Matching effective few-nucleon theories to QCD


Abstract in English

The emergence of complex macroscopic phenomena from a small set of parameters and microscopic concepts demonstrates the power and beauty of physical theories. A theory which relates the wealth of data and peculiarities found in nuclei to the small number of parameters and symmetries of quantum chromodynamics is by that standard of exceptional beauty. Decade-long research on computational physics and on effective field theories facilitate the assessment of the presumption that quark masses and strong and electromagnetic coupling constants suffice to parameterize the nuclear chart. By presenting the current status of that enterprise, this article touches the methodology of predicting nuclei by simulating the constituting quarks and gluons and the development of effective field theories as appropriate representations of the fundamental theory.

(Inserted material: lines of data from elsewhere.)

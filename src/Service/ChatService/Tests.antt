-- ===== src/Service/ChatService/Tests.antt =====
-- The chat service over a small store, and the theorems at it.
use lite_im.Prelude.{
  ℕ, ◌+◌, ◌*◌, ◌^◌, ◌<◌, ◌≡◌, ◌≢◌, ◌⊎◌, ◌↔◌, inl, inr, refl, Bool, true, false, List, [], ◌∷◌, ◌++◌,
  Option, none, some, length, ◌==◌, if◌then◌else◌, arith,
}
use lite_im.Status.{error, not_found, already_exists, Result, ok, err}
use lite_im.Protocol.Bytes.{Bytes}
use lite_im.Protocol.MessageType.{private_message_response, delivery_ack_response}
use lite_im.Protocol.Packet.{Packet}
use lite_im.Service.Action.{Action}
use lite_im.Service.Records.{UserRecord, MessageRecord, pushed, RouterRequest, response_packet}
use lite_im.Service.Interfaces.{OnlineSessions, MessageStorage, UnreadCache}
use lite_im.Service.MessagePacketBuilder.{append_message_fields}
use lite_im.Service.ChatService.{
  private_conversation_id, handle_private_message, handle_delivery_ack, new_message, append_ack,
}
use lite_im.Service.ChatService.Private.{Sent, handle_private_message-Sent}
use lite_im.Service.ChatService.Ack.{Acknowledged, handle_delivery_ack-Acknowledged}
use lite_im.Service.ChatService.Conversations.{private_conversation_id_iff}

-- The messages, the receivers who have one to pull, and the number of unread counts.
record Store : Type 0 where
  messages : List MessageRecord
  to_pull : List ℕ
  counts : ℕ

-- The user 5 is online in session 9, and nobody else.
abbrev sessions : OnlineSessions Store
sessions = record {
  is_closed = λ session s. false;
  send_packet = λ session packet s. (ok tt, s);
  get_user_by_session = λ id s. (ok 5, s);
  get_session_by_user = λ id s. (err (error not_found "offline"), s);
}

abbrev user_six : UserRecord
user_six = record { id = 6; name = []; password_hash = []; password_salt = []; nick = [] }

abbrev numbered : MessageRecord → MessageRecord
numbered m = record m { message_id = 1; created_at_ms = 77 }

abbrev store : MessageStorage Store
store = record {
  find_user_by_id = λ id s. (ok user_six, s);
  are_friends = λ a b s. (ok true, s);
  save_message_with_offline_recipients = λ m ids s. (
    ok (numbered m),
    record s { messages = numbered m ∷ s.messages; to_pull = ids ++ s.to_pull },
  );
  find_message_by_client_message_id = λ sender id s. (err (error not_found "none"), s);
  find_delivery_status = λ user id s. (ok pushed, s);
  save_offline_message = λ user id s. (err (error already_exists "twice"), s);
  ack_private_message_delivery =
      λ user id s. (ok (numbered (new_message 50006 6 5 (104 ∷ []) [])), s);
}

abbrev counts : UnreadCache Store
counts = record {
  incr_unread = λ key n s. (ok (s.counts + n), record s { counts = s.counts + n });
  clear_unread = λ key s. (ok tt, record s { counts = 0 });
}

abbrev eight : ℕ → Bytes
eight n = 0 ∷ 0 ∷ 0 ∷ 0 ∷ 0 ∷ 0 ∷ 0 ∷ n ∷ []

-- To the user 6: "hi".
abbrev request : RouterRequest
request = record {
  session = some (record { id = 9; peer_ip = [] });
  seq_id = 4;
  fields = (45, eight 6 ∷ []) ∷ (43, (104 ∷ 105 ∷ []) ∷ []) ∷ [];
}

abbrev ack_request : RouterRequest
ack_request = record request { fields = (42, eight 1 ∷ []) ∷ [] }

abbrev nothing_yet : Store
nothing_yet = record { messages = []; to_pull = []; counts = 0 }

abbrev body_of : Result Bytes → Bytes
body_of (ok b) = b
body_of (err e) = []

abbrev hello : MessageRecord
hello = numbered (new_message 50006 5 6 (104 ∷ 105 ∷ []) [])

abbrev reply : Packet
reply = response_packet private_message_response request (body_of (append_message_fields hello []))

abbrev ack_reply : Packet
ack_reply = response_packet delivery_ack_response ack_request (body_of (append_ack hello))

abbrev with_hello : Store
with_hello = record { messages = hello ∷ []; to_pull = 6 ∷ []; counts = 1 }

hello_sent :
    handle_private_message sessions store counts request nothing_yet ≡ (ok reply, with_hello)
unfolding handle_private_message lite_im.Service.Action.◌>>=◌
    lite_im.Service.ChatService.current_user_id lite_im.Service.Action.examine
    lite_im.Protocol.TlvCodec.get_uint64 lite_im.Protocol.TlvCodec.find_values
    lite_im.Prelude.Assoc.find lite_im.Protocol.ByteOrder.read_uint64_be
    lite_im.Protocol.TlvCodec.append_uint64 lite_im.Protocol.TlvCodec.append_value
    lite_im.Protocol.ByteOrder.append_uint64_be lite_im.Service.Fields.bounded_string
    lite_im.Protocol.TlvCodec.get_string lite_im.Service.ChatService.client_message_id
    private_conversation_id lite_im.Service.ChatService.find_receiver
    lite_im.Service.ChatService.increment_unread_for_message append_message_fields
    lite_im.Protocol.ByteOrder.append_uint16_be lite_im.Protocol.ByteOrder.append_uint32_be
    lite_im.Protocol.TlvCodec.append_string lite_im.Service.Fields.not_empty
    lite_im.Service.Fields.required_string lite_im.Service.Fields.validate_max_bytes
    lite_im.Service.MessagePacketBuilder.append_client_message_id
    lite_im.Service.MessagePacketBuilder.append_conversation_type
hello_sent = refl

ack_works :
    handle_delivery_ack sessions store counts ack_request nothing_yet ≡ (ok ack_reply, nothing_yet)
unfolding handle_delivery_ack lite_im.Service.Action.◌>>=◌
    lite_im.Service.ChatService.current_user_id lite_im.Service.Action.examine
    lite_im.Protocol.TlvCodec.get_uint64 lite_im.Protocol.TlvCodec.find_values
    lite_im.Prelude.Assoc.find lite_im.Protocol.ByteOrder.read_uint64_be
    lite_im.Protocol.TlvCodec.append_uint64 lite_im.Protocol.TlvCodec.append_value
    lite_im.Protocol.ByteOrder.append_uint64_be
ack_works = refl

handle_private_message-Sent_example :
    Sent sessions store counts request reply nothing_yet with_hello
handle_private_message-Sent_example =
    handle_private_message-Sent sessions store counts request reply nothing_yet with_hello
      hello_sent

handle_delivery_ack-Acknowledged_example :
    Acknowledged sessions store counts ack_request ack_reply nothing_yet nothing_yet
handle_delivery_ack-Acknowledged_example =
    handle_delivery_ack-Acknowledged sessions store counts ack_request ack_reply nothing_yet
      nothing_yet ack_works

abbrev five : ℕ
five = 5

abbrev six : ℕ
six = 6

abbrev number : ℕ
number = 50006

conversation_of_five : private_conversation_id 5 6 ≡ ok 50006
unfolding private_conversation_id
conversation_of_five = refl

conversation_of_six : private_conversation_id 6 5 ≡ ok 50006
unfolding private_conversation_id
conversation_of_six = refl

private_conversation_id_iff_example :
    (number ≡ number) ↔ (((five ≡ six) × (six ≡ five)) ⊎ ((five ≡ five) × (six ≡ six)))
private_conversation_id_iff_example =
    private_conversation_id_iff five six six five number number conversation_of_five
      conversation_of_six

While the nuclear spectra and electromagnetic responses analyzed computationally so far with lattice QCD are in close resemblance to those which intrigued experimentalists a century ago, they also test the theoretical understanding which was unavailable to guide the nuclear pioneers but developed since then. This understanding is shown to be deficient in terms of correlations amongst nuclear observables and their sensitivity to fundamental parameters. By reviewing the transition from one effective field theory to another, from QCD to pionful chiral theories to pionless and eventually to cluster theories, we identify some of those deficiencies and conceptual problems awaiting a solution before QCD can be identified as the high-energy theory from which the nuclear landscape emerges.